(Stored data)

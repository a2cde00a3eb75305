-- ===== src/Client/Threads/Shutdown.antt =====
-- The end of the two threads of client/main.cpp once one of the calls of `shutdown` has been made.
use mathlib.Core.Path.{subst}
use irc_chat.Base.{nat_eq}
use irc_chat.Base.{
  ℕ, suc, ◌≤◌, ◌≡◌, ◌≢◌, ◌⊎◌, refl, sym, ap, ◌∙◌, Bool, true, false, List, [], ◌∷◌, Str, codes,
  str_eq, arith, ok, inl, inr, Bool-cases, ==_iff,
}
use irc_chat.Client.Input.{ready, eof, read_line}
use irc_chat.Client.Send.{Socket}
use irc_chat.Client.Threads.Rounds.{
  is_dead, is_over, count_sends, count_receives, rank, Awake, sends-TurnRan, receives-TurnRan,
  interrupt-TurnRan, send_input-SenderRan,
}
use irc_chat.Client.Threads.{
  Thread, looping, waiting, left, Client, shutdown, ready_event, data_read, sender_then,
  receiver_then, quit_typed, send_input, key_pressed, send_round, received_bytes, recv_round, Turn,
  sends, receives, interrupt, sender_turn, receiver_turn, turn, turns,
}

module _ (key_backspace : ℕ) where
  dead-turn : (t : Turn) (c : Client) → is_dead c ≡ true → turn key_backspace t c ≡ c
  unfolding turn
  dead-turn (sends wait ch k fails) c dead = rw dead
  dead-turn (receives wait answer fails) c dead = rw dead
  dead-turn (interrupt fails) c dead = rw dead

  dead-turns : (ts : List Turn) (c : Client) → is_dead c ≡ true → turns key_backspace ts c ≡ c
  unfolding turns
  dead-turns [] c dead = refl
  dead-turns (t ∷ ts) c dead =
      ap (turns key_backspace ts) (dead-turn t c dead) ∙ dead-turns ts c dead

  dead-is_over : (c : Client) → is_dead c ≡ true → is_over c ≡ true
  dead-is_over c dead = ground (arith, dead)

  rested-is_over : (c : Client) → rank c.sender ≤ 0 → rank c.receiver ≤ 0 → is_over c ≡ true
  rested-is_over c p q = ground (arith, p, q)

  -- A turn leaves enough turns for each thread.
  turn-TurnRan :
      (t : Turn) (ts : List Turn) (c : Client)
      → Awake c
      → is_dead c ≡ false
      → rank c.sender ≤ count_sends (t ∷ ts)
      → rank c.receiver ≤ count_receives (t ∷ ts)
      → let c' = turn key_backspace t c in
        Awake c' × (rank c'.sender ≤ count_sends ts) × (rank c'.receiver ≤ count_receives ts)
  turn-TurnRan (sends wait ch k fails) ts c h alive p q =
      let r = sends-TurnRan key_backspace c h alive wait ch k fails in
      (r.keeps, omega (arith, r.sender), omega (arith, r.receiver))
  turn-TurnRan (receives wait answer fails) ts c h alive p q =
      let r = receives-TurnRan key_backspace c h alive wait answer fails in
      (r.keeps, omega (arith, r.sender), omega (arith, r.receiver))
  turn-TurnRan (interrupt fails) ts c h alive p q =
      let r = interrupt-TurnRan key_backspace c h alive fails in
      (r.keeps, omega (arith, r.sender), omega (arith, r.receiver))

  -- Two threads that have to stop, with enough turns for each.
  turns-is_over :
      (ts : List Turn) (c : Client)
      → Awake c
      → rank c.sender ≤ count_sends ts
      → rank c.receiver ≤ count_receives ts
      → is_over (turns key_backspace ts c) ≡ true
  unfolding turns
  turns-is_over [] c h p q = rested-is_over c p q
  turns-is_over (t ∷ ts) c h p q = elim (Bool-cases (is_dead c)) [
    | inl dead ↦ ap is_over (dead-turns (t ∷ ts) c dead) ∙ dead-is_over c dead
    | inr alive ↦
        let (h', p', q') = turn-TurnRan t ts c h alive p q in
        turns-is_over ts (turn key_backspace t c) h' p' q'
  ]

  -- What makes the client stop: Ctrl + D, the line `/quit`, a server that closes the stream, and the
  -- interrupt.
  pub data Stop : Turn → Client → Type 0 where
    ctrl_d :
        {k : Socket} {fails : Bool} {c : Client} (buf : Str)
        → c.sender ≡ waiting buf
        → Stop (sends ready_event 4 k fails) c
    quit_line :
        {k : Socket} {fails : Bool} {c : Client}
        → c.sender ≡ waiting (codes "/quit")
        → Stop (sends ready_event b'\n' k fails) c
    stream_end :
        {fails : Bool} {c : Client} (msg_str : Str)
        → c.receiver ≡ waiting msg_str
        → Stop (receives ready_event (data_read []) fails) c
    interrupted_by_user : {fails : Bool} {c : Client} → Stop (interrupt fails) c

  -- The threads have to stop, or the call of `shutdown` has thrown.
  abbrev IsStopped : Client → Type 0
  IsStopped c = (Awake c) ⊎ (is_dead c ≡ true)

  newline-ready :
      (buf : Str) → key_backspace ≢ b'\n' → read_line key_backspace b'\n' buf ≡ (buf, ready)
  unfolding read_line
  newline-ready buf other = ground (arith, other, ==_iff b'\n' key_backspace)

  eof_key : (buf : Str) → key_backspace ≢ 4 → read_line key_backspace 4 buf ≡ (buf, eof)
  unfolding read_line
  eof_key buf other = ground (arith, other, ==_iff 4 key_backspace)

  eof-IsStopped :
      (buf : Str) (fails : Bool) (c : Client)
      → IsStopped (sender_then (looping buf) (shutdown fails c))
  unfolding sender_then shutdown
  eof-IsStopped buf true c = inr refl
  eof-IsStopped buf false c = inl (record { off = refl; woken = omega arith })

  closed-IsStopped : (fails : Bool) (c : Client) → IsStopped (receiver_then left (shutdown fails c))
  unfolding receiver_then shutdown
  closed-IsStopped true c = inr (ground arith)
  closed-IsStopped false c = inl (record { off = refl; woken = omega arith })

  quit-IsStopped :
      (k : Socket) (fails : Bool) (c : Client)
      → IsStopped (send_input fails k (codes "/quit") (quit_typed fails (codes "/quit") c))
  unfolding quit_typed str_eq shutdown
  quit-IsStopped k true c = inr (unfold send_input in refl)
  quit-IsStopped k false c =
      let d : Client = record c { run = false; wakes = suc c.wakes } in
      inl (
        (send_input-SenderRan false k (codes "/quit") (ok tt, d) d (λ h. h) refl).keeps
          (record { off = refl; woken = omega arith }))

  Stop-IsStopped :
      (t : Turn) (c : Client)
      → key_backspace ≢ 4
      → key_backspace ≢ b'\n'
      → Stop t c
      → IsStopped (turn key_backspace t c)
  unfolding turn sender_turn receiver_turn send_round key_pressed recv_round received_bytes
  Stop-IsStopped t c far other s = elim (Bool-cases (is_dead c)) [
    | inl dead ↦ inr (ap is_dead (dead-turn t c dead) ∙ dead)
    | inr alive ↦ go s alive
  ]
    where
      go : {t : Turn} → Stop t c → is_dead c ≡ false → IsStopped (turn key_backspace t c)
      go (ctrl_d {k = k} {fails = fails} buf e) alive = rw alive (
          subst (λ x. IsStopped (sender_turn x (send_round key_backspace ready_event 4 k fails) c))
            (sym e) (rw (eof_key buf far) (eof-IsStopped buf fails c)))
      go (quit_line {k = k} {fails = fails} e) alive = rw alive (
          subst
            (λ x. IsStopped (sender_turn x (send_round key_backspace ready_event b'\n' k fails) c))
            (sym e) (rw (newline-ready (codes "/quit") other) (quit-IsStopped k fails c)))
      go (stream_end {fails = fails} msg_str e) alive = rw alive (
          subst (λ x. IsStopped (receiver_turn x (recv_round ready_event (data_read []) fails) c))
            (sym e) (closed-IsStopped fails c))
      go (interrupted_by_user {fails = true}) alive = unfold shutdown in rw alive (inr refl)
      go (interrupted_by_user {fails = false}) alive =
          unfold shutdown in rw alive (inl (record { off = refl; woken = omega arith }))

  rank-le : (s : Thread) → rank s ≤ 2
  rank-le s = ground arith

  -- Where the backspace is another key than Ctrl + D and Enter: behind a key Ctrl + D, the line
  -- `/quit`, the end of the stream from the server or an interrupt, once each of the two threads has
  -- had two more turns, in whatever order and whatever the system answers, both threads have left
  -- their loops, or an exception has ended the process. This holds though a thread may stand in
  -- `epoll_wait`, which returns for the eventfd only if it was written to.
  pub Stop-is_over :
      (t : Turn) (ts : List Turn) (c : Client)
      → key_backspace ≢ 4
      → key_backspace ≢ b'\n'
      → Stop t c
      → 2 ≤ count_sends ts
      → 2 ≤ count_receives ts
      → is_over (turns key_backspace (t ∷ ts) c) ≡ true
  unfolding turns
  Stop-is_over t ts c far other s p q = elim (Stop-IsStopped t c far other s) [
    | inr dead ↦
        ap is_over (dead-turns ts (turn key_backspace t c) dead)
        ∙ dead-is_over (turn key_backspace t c) dead
    | inl h ↦
        turns-is_over ts (turn key_backspace t c) h
          (omega (arith, rank-le (turn key_backspace t c).sender))
          (omega (arith, rank-le (turn key_backspace t c).receiver))
  ]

Your instructions
Taking the lines above, repeat exactly those from the line that contains "c.sender ≡ waiting buf" through the line that contains "quit-IsStopped k true", and both of those lines as well. Include nothing else.

Result for this task
        → c.sender ≡ waiting buf
        → Stop (sends ready_event 4 k fails) c
    quit_line :
        {k : Socket} {fails : Bool} {c : Client}
        → c.sender ≡ waiting (codes "/quit")
        → Stop (sends ready_event b'\n' k fails) c
    stream_end :
        {fails : Bool} {c : Client} (msg_str : Str)
        → c.receiver ≡ waiting msg_str
        → Stop (receives ready_event (data_read []) fails) c
    interrupted_by_user : {fails : Bool} {c : Client} → Stop (interrupt fails) c

  -- The threads have to stop, or the call of `shutdown` has thrown.
  abbrev IsStopped : Client → Type 0
  IsStopped c = (Awake c) ⊎ (is_dead c ≡ true)

  newline-ready :
      (buf : Str) → key_backspace ≢ b'\n' → read_line key_backspace b'\n' buf ≡ (buf, ready)
  unfolding read_line
  newline-ready buf other = ground (arith, other, ==_iff b'\n' key_backspace)

  eof_key : (buf : Str) → key_backspace ≢ 4 → read_line key_backspace 4 buf ≡ (buf, eof)
  unfolding read_line
  eof_key buf other = ground (arith, other, ==_iff 4 key_backspace)

  eof-IsStopped :
      (buf : Str) (fails : Bool) (c : Client)
      → IsStopped (sender_then (looping buf) (shutdown fails c))
  unfolding sender_then shutdown
  eof-IsStopped buf true c = inr refl
  eof-IsStopped buf false c = inl (record { off = refl; woken = omega arith })

  closed-IsStopped : (fails : Bool) (c : Client) → IsStopped (receiver_then left (shutdown fails c))
  unfolding receiver_then shutdown
  closed-IsStopped true c = inr (ground arith)
  closed-IsStopped false c = inl (record { off = refl; woken = omega arith })

  quit-IsStopped :
      (k : Socket) (fails : Bool) (c : Client)
      → IsStopped (send_input fails k (codes "/quit") (quit_typed fails (codes "/quit") c))
  unfolding quit_typed str_eq shutdown
  quit-IsStopped k true c = inr (unfold send_input in refl)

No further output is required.